Scipy 2D sparse matrix module.
Original code by Travis Oliphant. Modified and extended by Ed Schofield, Robert Cimrman, and Nathan Bell.
To construct a matrix efficiently, use either lil_matrix (recommended) or dok_matrix. The lil_matrix class supports basic slicing and fancy indexing with a similar syntax to NumPy arrays. As illustrated below, the COO format may also be used to efficiently construct matrices.
To perform manipulations such as multiplication or inversion, first convert the matrix to either CSC or CSR format. The lil_matrix format is row-based, so conversion to CSR is efficient, whereas conversion to CSC is less so.

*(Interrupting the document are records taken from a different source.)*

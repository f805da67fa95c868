-- ===== src/Crypto/Messaging/Roundtrip.antt =====
-- `seal` and `open_message` of client/src/crypto/messaging.py fit together.
use cs4455_epic.Base.{◌+◌, ◌≡◌, ◌≢◌, ap, Bool, false, Option, some, arith, All, length, inl, inr}
use cs4455_epic.Base.Int.{ℤ}
use cs4455_epic.Base.Dict.{Dict, lookup}
use cs4455_epic.Base.Text.{Str, Bytes, lit}
use cs4455_epic.Codec.Base64.{b64encode, b64decode-b64encode}
use cs4455_epic.Codec.Utf8.{IsScalar, encode, decode-encode}
use cs4455_epic.Errors.{Result, ok, err, Exc, Result-cases}
use cs4455_epic.Json.{Json, int, str}
use cs4455_epic.Env.{Env, IsLawful, AreBytes}
use cs4455_epic.Py.{State}
use cs4455_epic.Crypto.Kdf.{derive_message_key, keccak256_hex}
use cs4455_epic.Crypto.Aead
use cs4455_epic.Crypto.Signing
use cs4455_epic.Crypto.Wire.{Wire, read_fields}
use cs4455_epic.Crypto.Messaging.{
  Sealed, msg_info, build_aad, signed_payload, is_replay, message_key, seal, open_message,
}

-- A received dict that holds the fields of a sealed message, among others.
pub record Carries (m : Dict Json) (f : Sealed) : Type 0 where
  pub ciphertext : lookup (lit "ciphertext") m ≡ some (str f.ciphertext)
  pub nonce : lookup (lit "nonce") m ≡ some (str f.nonce)
  pub signature : lookup (lit "signature") m ≡ some (str f.signature)
  pub seq_no : lookup (lit "seqNo") m ≡ some (int f.seq_no)

-- Fields that were encoded from bytes are read back.
read_fields-Carries :
    (m : Dict Json) (f : Sealed) (w : Wire)
    → Carries m f
    → f.ciphertext ≡ b64encode w.ciphertext
    → f.nonce ≡ b64encode w.nonce
    → f.signature ≡ b64encode w.signature
    → f.seq_no ≡ w.seq_no
    → AreBytes w.ciphertext
    → AreBytes w.nonce
    → AreBytes w.signature
    → read_fields m ≡ ok w
unfolding read_fields
read_fields-Carries m f w c ec en es eq bc bn bs = ground (
  arith,
  b64decode-b64encode w.ciphertext bc,
  b64decode-b64encode w.nonce bn,
  b64decode-b64encode w.signature bs,
)

module _ (E : Env) (L : IsLawful E) (text sender_id recipient_id : Str) (seq_no : ℤ)
    (my_x_priv my_ed_priv their_x_priv : Bytes) {shared : Bytes} (s : State)
    (agree : E.x25519_exchange my_x_priv (E.x25519_public their_x_priv) ≡ ok shared) where
  abbrev sealing : Result Sealed × State
  sealing =
      seal E text sender_id recipient_id seq_no my_x_priv my_ed_priv (E.x25519_public their_x_priv)
        s

  abbrev sent_key : Bytes
  sent_key = derive_message_key E shared msg_info 32

  -- What goes over the wire, before its encoding.
  abbrev sent_wire : Bytes → Wire
  sent_wire signature = record {
    ciphertext =
        E.aesgcm_encrypt sent_key (E.urandom s.drawn 12) (encode text)
          (build_aad sender_id recipient_id seq_no);
    nonce = E.urandom s.drawn 12;
    signature = signature;
    seq_no = seq_no;
  }

  abbrev sent_payload : Bytes
  sent_payload =
      signed_payload sender_id recipient_id seq_no
        (E.aesgcm_encrypt sent_key (E.urandom s.drawn 12) (encode text)
          (build_aad sender_id recipient_id seq_no))
        (E.urandom s.drawn 12)

  abbrev sent_fields : Bytes → Sealed
  sent_fields signature = record {
    ciphertext = b64encode (sent_wire signature).ciphertext;
    nonce = b64encode (E.urandom s.drawn 12);
    signature = b64encode signature;
    seq_no = seq_no;
    digest = keccak256_hex E (encode text);
  }

  length-sent_key : length sent_key ≡ 32
  unfolding derive_message_key
  length-sent_key = L.length-hkdf_expand 32 msg_info shared (omega arith)

  seal-eq :
      (signature : Bytes)
      → E.ed25519_sign my_ed_priv sent_payload ≡ ok signature
      → sealing ≡ (ok (sent_fields signature), record s { drawn = s.drawn + 1 })
  unfolding seal message_key Aead.encrypt Signing.sign
  seal-eq signature h = ground (arith, length-sent_key)

  -- With keys that agree on a secret and an Ed25519 key of 32 bytes, sealing succeeds, and draws
  -- one random value.
  pub seal_total :
      length my_ed_priv ≡ 32 → (f : Sealed) × (sealing ≡ (ok f, record s { drawn = s.drawn + 1 }))
  seal_total size =
      let (signature, signed) = L.sign_total my_ed_priv sent_payload size in
      (sent_fields signature, seal-eq signature signed)

  seal_unsigned :
      {e : Exc} {f : Sealed} → E.ed25519_sign my_ed_priv sent_payload ≡ err e → sealing.0 ≢ ok f
  unfolding seal message_key Aead.encrypt Signing.sign
  seal_unsigned h = ground (arith, length-sent_key)

  module _ (m : Dict Json) (last_seq : Option ℤ) (enforce : Bool) (t : State)
      (scalars : All IsScalar text) (fresh : is_replay enforce last_seq seq_no ≡ false) where
    abbrev reopening : Result (Str × ℤ) × State
    reopening =
        open_message E m sender_id recipient_id their_x_priv (E.x25519_public my_x_priv)
          (E.ed25519_public my_ed_priv) last_seq enforce t

    open-sent_wire :
        (signature : Bytes)
        → E.ed25519_sign my_ed_priv sent_payload ≡ ok signature
        → read_fields m ≡ ok (sent_wire signature)
        → reopening ≡ (ok (text, seq_no), t)
    unfolding open_message message_key Signing.verify Aead.decrypt
    open-sent_wire signature signed read = ground (
      arith,
      length-sent_key,
      L.exchange_comm my_x_priv their_x_priv,
      L.verify-sign my_ed_priv sent_payload signature signed,
      L.ed25519_public_key_total (E.ed25519_public my_ed_priv) (L.length-ed25519_public my_ed_priv),
      L.decrypt-encrypt sent_key (E.urandom s.drawn 12) (encode text)
          (build_aad sender_id recipient_id seq_no) length-sent_key,
      decode-encode text scalars,
    )

    -- The recipient opens what the sender sealed: with the sender's public keys and its own
    -- private key it gets back the text and the number, if the replay check lets the number
    -- through.
    pub open-seal :
        (f : Sealed) (sealed : sealing.0 ≡ ok f) → Carries m f → reopening ≡ (ok (text, seq_no), t)
    open-seal f sealed c = elim (Result-cases (E.ed25519_sign my_ed_priv sent_payload)) [
      | inr (e, h) ↦ absurd (seal_unsigned h sealed)
      | inl (signature, h) ↦
          let same : f ≡ sent_fields signature = cc (ap (λ x. x.0) (seal-eq signature h)) in
          open-sent_wire signature h (
            read_fields-Carries m f (sent_wire signature) c (ap (λ x. x.ciphertext) same)
              (ap (λ x. x.nonce) same) (ap (λ x. x.signature) same) (ap (λ x. x.seq_no) same)
              (L.encrypt_bytes _ _ _ _) (L.urandom_bytes s.drawn 12)
              (L.sign_bytes my_ed_priv sent_payload signature h))
    ]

All conversions among the CSR, CSC, and COO formats are efficient, linear-time operations.
Construct a 1000x1000 lil_matrix and add some values to it:
>>> from scipy import sparse, linsolve
>>> from numpy import linalg
>>> from numpy.random import rand
>>> A = sparse.lil_matrix((1000, 1000))
>>> A[0, :100] = rand(100)
>>> A[1, 100:200] = A[0, :100]
>>> A.setdiag(rand(1000))
Now convert it to CSR format and solve A x = b for x:
>>> A = A.tocsr()
>>> b = rand(1000)
>>> x = linsolve.spsolve(A, b)
Convert it to a dense matrix and solve, and check that the result is the same:
>>> x_ = linalg.solve(A.todense(), b)
Now we can compute norm of the error with:
>>> err = linalg.norm(x-x_)
>>> err < 1e-10
True
It should be small :)
Construct a matrix in COO format:
>>> from scipy import sparse
>>> from numpy import array
>>> I = array([0,3,1,0])
>>> J = array([0,3,1,2])
>>> V = array([4,5,7,9])
>>> A = sparse.coo_matrix((V,(I,J)),shape=(4,4))
Notice that the indices do not need to be sorted.
Duplicate (i,j) entries are summed when converting to CSR or CSC.
>>> I = array([0,0,1,3,1,0,0])
>>> J = array([0,2,1,3,1,0,0])
>>> V = array([1,1,1,1,1,1,1])
>>> B = sparse.coo_matrix((V,(I,J)),shape=(4,4)).tocsr()
This is useful for constructing finite-element stiffness and mass matrices.
CSR column indices are not necessarily sorted. Likewise for CSC row indices. Use the .sorted_indices() and .sort_indices() methods when sorted indices are required (e.g. when passing data to other libraries).
csc_matrix(arg1[, shape, dtype, copy, dims, ...]) | Compressed Sparse Column matrix |
csr_matrix(arg1[, shape, dtype, copy, dims, ...]) | Compressed Sparse Row matrix |
bsr_matrix(arg1[, shape, dtype, copy, blocksize]) | Block Sparse Row matrix |
lil_matrix(arg1[, shape, dtype, copy]) | Row-based linked list sparse matrix |
dok_matrix(arg1[, shape, dtype, copy]) | Dictionary Of Keys based sparse matrix. |
coo_matrix(arg1[, shape, dtype, copy, dims]) | A sparse matrix in COOrdinate format. |
dia_matrix(arg1[, shape, dtype, copy]) | Sparse matrix with DIAgonal storage |
Building sparse matrices:
eye(m, n[, k, dtype, format]) | eye(m, n) returns a sparse (m x n) matrix where the k-th diagonal |
identity(n[, dtype, format]) | Identity matrix in sparse format |
kron(A, B[, format]) | kronecker product of sparse matrices A and B |
kronsum(A, B[, format]) | kronecker sum of sparse matrices A and B |
lil_eye(r[, k, dtype]) | Generate a lil_matrix of dimensions (r,c) with the k-th diagonal set to 1. |
lil_diags(diags, offsets, m[, dtype]) | Generate a lil_matrix with the given diagonals. |
spdiags(data, diags, m, n[, format]) | Return a sparse matrix from diagonals. |
tril(A[, k, format]) | Return the lower triangular portion of a matrix in sparse format |
triu(A[, k, format]) | Return the upper triangular portion of a matrix in sparse format |
bmat(blocks[, format, dtype]) | Build a sparse matrix from sparse sub-blocks |
hstack(blocks[, format, dtype]) | Stack sparse matrices horizontally (column wise) |
vstack(blocks[, format, dtype]) | Stack sparse matrices vertically (row wise) |
Identifying sparse matrices:
issparse(x) | |
isspmatrix(x) | |
isspmatrix_csc(x) | |
isspmatrix_csr(x) | |
isspmatrix_bsr(x) | |
isspmatrix_lil(x) | |
isspmatrix_dok(x) | |
isspmatrix_coo(x) | |
isspmatrix_dia(x) |